Dataset entries:
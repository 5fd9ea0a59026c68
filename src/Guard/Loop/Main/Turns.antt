-- ===== src/Guard/Loop/Main/Turns.antt =====
-- The invariant of `Guard.Covered` through the turns of the main loop of src/browser_guard.c.
use browser_guard.Prelude.{
  ℕ, ◌≡◌, Option, some, List, false, if◌then◌else◌, on_if, on_option, arith, poll, poll_keeps, ltb,
  not, ◌&&◌, ◌==◌,
}
use browser_guard.Windows.{Files, Processes, Desktop}
use browser_guard.Windows.Laws.{FileLaws, ProcessLaws, ProcessRanges, Quiet}
use browser_guard.Windows.Kept.{Quiet-queries}
use browser_guard.Windows.Quiet.{Quiet-refl}
use browser_guard.Windows.Session.{Session}
use browser_guard.Windows.Session.Laws.{QuietSession}
use browser_guard.Windows.Input.{Input}
use browser_guard.Config.{AppConfig}
use browser_guard.ProcessControl.{BrowserGroup}
use browser_guard.ProcessControl.Groups.{SecurityContext}
use browser_guard.ProcessControl.Memory.{snapshot_memory_totals, snapshot_memory_totals-kept}
use browser_guard.Guard.{Env}
use browser_guard.Guard.Pass.{resume_requested, resume_all_tracked, ensure_groups}
use browser_guard.Guard.Covered.{Covered}
use browser_guard.Guard.Release.{FailsOnlyIfGone}
use browser_guard.Guard.Sweep.{resume_all_tracked-Covered}
use browser_guard.Guard.Sweep.Freed.{resume_all_tracked-none_left}
use browser_guard.Guard.Cleanup.{cleanup_tracked_processes-Covered}
use browser_guard.Guard.Crash.{resume_requested-Covered, ensure_groups-Covered}
use browser_guard.Guard.Run.{other_programs}
use browser_guard.Guard.Loop.{Globals, read_should_stop, destroy_overlay_window}
use browser_guard.Guard.Loop.Overlay.{OverlayState, update_overlay_window}
use browser_guard.Guard.Tracked.{count_suspended_processes, choose_overlay_target_window}
use browser_guard.Guard.Loop.Pump.{pump_ui_messages}
use browser_guard.Guard.Loop.Pump.Clicks.{pump_ui_messages-kept}
use browser_guard.Guard.Loop.Main.{
  GuardState, restore_target, serve_request, collect_groups, show_and_wait, update_tracked,
  main_turn, end_guard, run_loop,
}
use browser_guard.Guard.Loop.Main.Collected.{collect_groups-Quiet, collect_groups-SmallGroups}

module _ {P F D : Type 0} ⦃ps : Processes P⦄ ⦃ss : Session P⦄ ⦃fs : Files F⦄ ⦃ds : Desktop D⦄
    ⦃is : Input D⦄ (process_laws : ProcessLaws ps) (file_laws : FileLaws fs)
    (ranges : ProcessRanges ps) (quiet : QuietSession process_laws ss) (config : AppConfig)
    (ends : FailsOnlyIfGone process_laws config) where
  open process_laws use {suspensions, resumes}

  abbrev pub IsCovered : GuardState P F D → Type 0
  IsCovered s = Covered process_laws file_laws s.tracked s.env

  -- What happens outside of the tracked processes.
  elsewhere :
      (s : GuardState P F D) (p : P) (d : D) (g : Globals)
      → Quiet suspensions resumes s.env.processes p
      → IsCovered s
      → IsCovered (record s { env = record s.env { processes = p; desktop = d }; globals = g })
  elsewhere s p d g q c =
      other_programs process_laws file_laws ranges config ends s.tracked s.env p d q c

  serve_request-IsCovered :
      (now_tick : ℕ) (s : GuardState P F D)
      → IsCovered s
      → IsCovered (serve_request config now_tick s)
  unfolding serve_request
  serve_request-IsCovered now_tick s c =
      let (tracked1, env1) = resume_requested config now_tick s.tracked s.env in
      let (globals1, d1) = restore_target s.globals env1.desktop in
      on_if IsCovered s.globals.resume_requested _ _
        (λ _.
          other_programs process_laws file_laws ranges config ends tracked1 env1 env1.processes d1
            (Quiet-refl env1.processes)
            (resume_requested-Covered process_laws file_laws ranges config now_tick s.tracked s.env
              c))
        (λ _. c)

  update_tracked-IsCovered :
      (context : SecurityContext) (now_tick : ℕ) (s : GuardState P F D)
      → IsCovered s
      → IsCovered (update_tracked config context now_tick s).1
  unfolding update_tracked
  update_tracked-IsCovered context now_tick s c =
      let (groups, p1, d1) = collect_groups context s.env.processes s.env.desktop in
      let env0 : Env P F D = record s.env { processes = p1; desktop = d1 } in
      let (tracked1, env1) = ensure_groups groups config now_tick s.tracked env0 in
      let collected =
        elsewhere s p1 d1 s.globals
          (collect_groups-Quiet process_laws quiet context s.env.processes s.env.desktop) c in
      let ensured =
        ensure_groups-Covered process_laws file_laws ranges config now_tick groups s.tracked env0
          (collect_groups-SmallGroups process_laws quiet context s.env.processes s.env.desktop)
          collected in
      let p2 =
        if config.verbose
        then (snapshot_memory_totals groups env1.processes).1
        else env1.processes in
      let counted : Quiet suspensions resumes env1.processes p2 =
        on_if (λ (p : P). Quiet suspensions resumes env1.processes p) config.verbose _ _
          (λ _.
            snapshot_memory_totals-kept (Quiet-queries process_laws) quiet.memory_quiet groups
              env1.processes)
          (λ _. Quiet-refl env1.processes) in
      cleanup_tracked_processes-Covered process_laws file_laws config ends tracked1
        (record env1 { processes = p2 })
        (other_programs process_laws file_laws ranges config ends tracked1 env1 p2 env1.desktop
          counted ensured)

  show_and_wait-IsCovered :
      (context : SecurityContext) (event : ℕ) (groups : List BrowserGroup) (s : GuardState P F D)
      → IsCovered s
      → IsCovered (show_and_wait config context event groups s)
  unfolding show_and_wait
  show_and_wait-IsCovered context event groups s c =
      let suspended_count = count_suspended_processes s.tracked in
      let target_window = choose_overlay_target_window groups s.tracked in
      let overlay : OverlayState = record {
        visible = ltb 0 suspended_count && not (target_window == 0);
        suspended_count = suspended_count;
        target_window = target_window;
      } in
      let (g1, d1) = update_overlay_window overlay s.globals s.env.desktop in
      let pumped =
        pump_ui_messages context s.tracked config.interval_ms event g1 s.env.processes d1 in
      elsewhere s pumped.1.processes pumped.1.desktop pumped.1.globals
        (pump_ui_messages-kept (Quiet-queries process_laws) process_laws.sleep_quiet quiet.set_quiet
          context s.tracked config.interval_ms event g1 s.env.processes d1)
        c

  main_turn-IsCovered :
      (context : SecurityContext) (event : ℕ) (s : GuardState P F D)
      → IsCovered s
      → IsCovered (main_turn config context event s).1
  unfolding main_turn
  main_turn-IsCovered context event s c =
      let (g, d) = read_should_stop s.globals s.env.desktop in
      let s1 : GuardState P F D = record s { globals = g; env = record s.env { desktop = d } } in
      let (now_tick, p) = ss.tick_count s1.env.processes in
      let s1' : GuardState P F D = record s1 { env = record s1.env { processes = p } } in
      let s2 = serve_request config now_tick s1' in
      let (groups, s3) = update_tracked config context now_tick s2 in
      let stopped : IsCovered s1 = elsewhere s s.env.processes d g (Quiet-refl s.env.processes) c in
      let timed : IsCovered s1' =
        elsewhere s1 p s1.env.desktop s1.globals (quiet.tick_quiet s1.env.processes) stopped in
      on_if (λ (r : Option (Unit {0}) × GuardState P F D). IsCovered r.1) g.should_stop _ _
        (λ _. stopped)
        (λ _. show_and_wait-IsCovered context event groups s3 (
          update_tracked-IsCovered context now_tick s2
            (serve_request-IsCovered now_tick s1' timed)))

  end_guard-IsCovered :
      (event : ℕ) (s : GuardState P F D) → IsCovered s → IsCovered (end_guard config event s)
  unfolding end_guard
  end_guard-IsCovered event s c =
      let hidden : OverlayState = record {
        visible = false;
        suspended_count = 0;
        target_window = 0;
      } in
      let (g1, d1) = update_overlay_window hidden s.globals s.env.desktop in
      let env0 : Env P F D = record s.env { desktop = d1 } in
      let (tracked1, env1) = resume_all_tracked config s.tracked env0 in
      let (g2, d2) = destroy_overlay_window g1 env1.desktop in
      other_programs process_laws file_laws ranges config ends tracked1 env1
        (ss.close_event event env1.processes) (is.co_uninitialize d2)
        (quiet.close_quiet event env1.processes)
        (resume_all_tracked-Covered process_laws file_laws config s.tracked env0
          (elsewhere s s.env.processes d1 s.globals (Quiet-refl s.env.processes) c))

  end_guard-none_left :
      (event : ℕ) (s : GuardState P F D)
      → IsCovered s
      → (q : ℕ) → suspensions (end_guard config event s).env.processes q ≡ 0
  unfolding end_guard
  end_guard-none_left event s c q =
      let hidden : OverlayState = record {
        visible = false;
        suspended_count = 0;
        target_window = 0;
      } in
      let (g1, d1) = update_overlay_window hidden s.globals s.env.desktop in
      let env0 : Env P F D = record s.env { desktop = d1 } in
      let env1 = (resume_all_tracked config s.tracked env0).1 in
      omega (
        arith,
        (quiet.close_quiet event env1.processes).no_more q,
        resume_all_tracked-none_left process_laws file_laws config ends s.tracked env0
            (elsewhere s s.env.processes d1 s.globals (Quiet-refl s.env.processes) c) q,
      )

  turns-IsCovered :
      (turns : ℕ) (context : SecurityContext) (event : ℕ) (s : GuardState P F D)
      → IsCovered s
      → IsCovered (poll turns (main_turn config context event) s).1
  turns-IsCovered turns context event s c =
      poll_keeps (λ (s t : GuardState P F D). IsCovered s → IsCovered t)
        (main_turn config context event) (λ s c. c) (λ s t u q r c. r (q c))
        (main_turn-IsCovered context event) turns s c

  pub run_loop-IsCovered :
      (turns : ℕ) (context : SecurityContext) (event : ℕ) (s : GuardState P F D)
      → IsCovered s
      → IsCovered (run_loop turns config context event s).1
  unfolding run_loop
  run_loop-IsCovered turns context event s c =
      let (over, s1) = poll turns (main_turn config context event) s in
      let kept = turns-IsCovered turns context event s c in
      on_option (λ (r : Option ℕ × GuardState P F D). IsCovered r.1) over _ _ (λ _. kept)
        (λ _ _. end_guard-IsCovered event s1 kept)

  pub run_loop-none_left :
      (turns : ℕ) (context : SecurityContext) (event : ℕ) (s : GuardState P F D)
      → IsCovered s
      → (code : ℕ) → (run_loop turns config context event s).0 ≡ some code
      → (q : ℕ) → suspensions (run_loop turns config context event s).1.env.processes q ≡ 0
  unfolding run_loop
  run_loop-none_left turns context event s c code =
      let (over, s1) = poll turns (main_turn config context event) s in
      on_option
        (λ (r : Option ℕ × GuardState P F D).
          r.0 ≡ some code → (q : ℕ) → suspensions r.1.env.processes q ≡ 0)
        over _ _ (λ _ e. cc)
        (λ _ _ _. end_guard-none_left event s1 (turns-IsCovered turns context event s c))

**TASK DIRECTIONS**
Retype only this portion of the data above: the line containing "on_option (λ (r", the line containing "s).1.env.processes q ≡ 0", and all lines between them, exactly.

**TASK RESPONSE**
      on_option (λ (r : Option ℕ × GuardState P F D). IsCovered r.1) over _ _ (λ _. kept)
        (λ _ _. end_guard-IsCovered event s1 kept)

  pub run_loop-none_left :
      (turns : ℕ) (context : SecurityContext) (event : ℕ) (s : GuardState P F D)
      → IsCovered s
      → (code : ℕ) → (run_loop turns config context event s).0 ≡ some code
      → (q : ℕ) → suspensions (run_loop turns config context event s).1.env.processes q ≡ 0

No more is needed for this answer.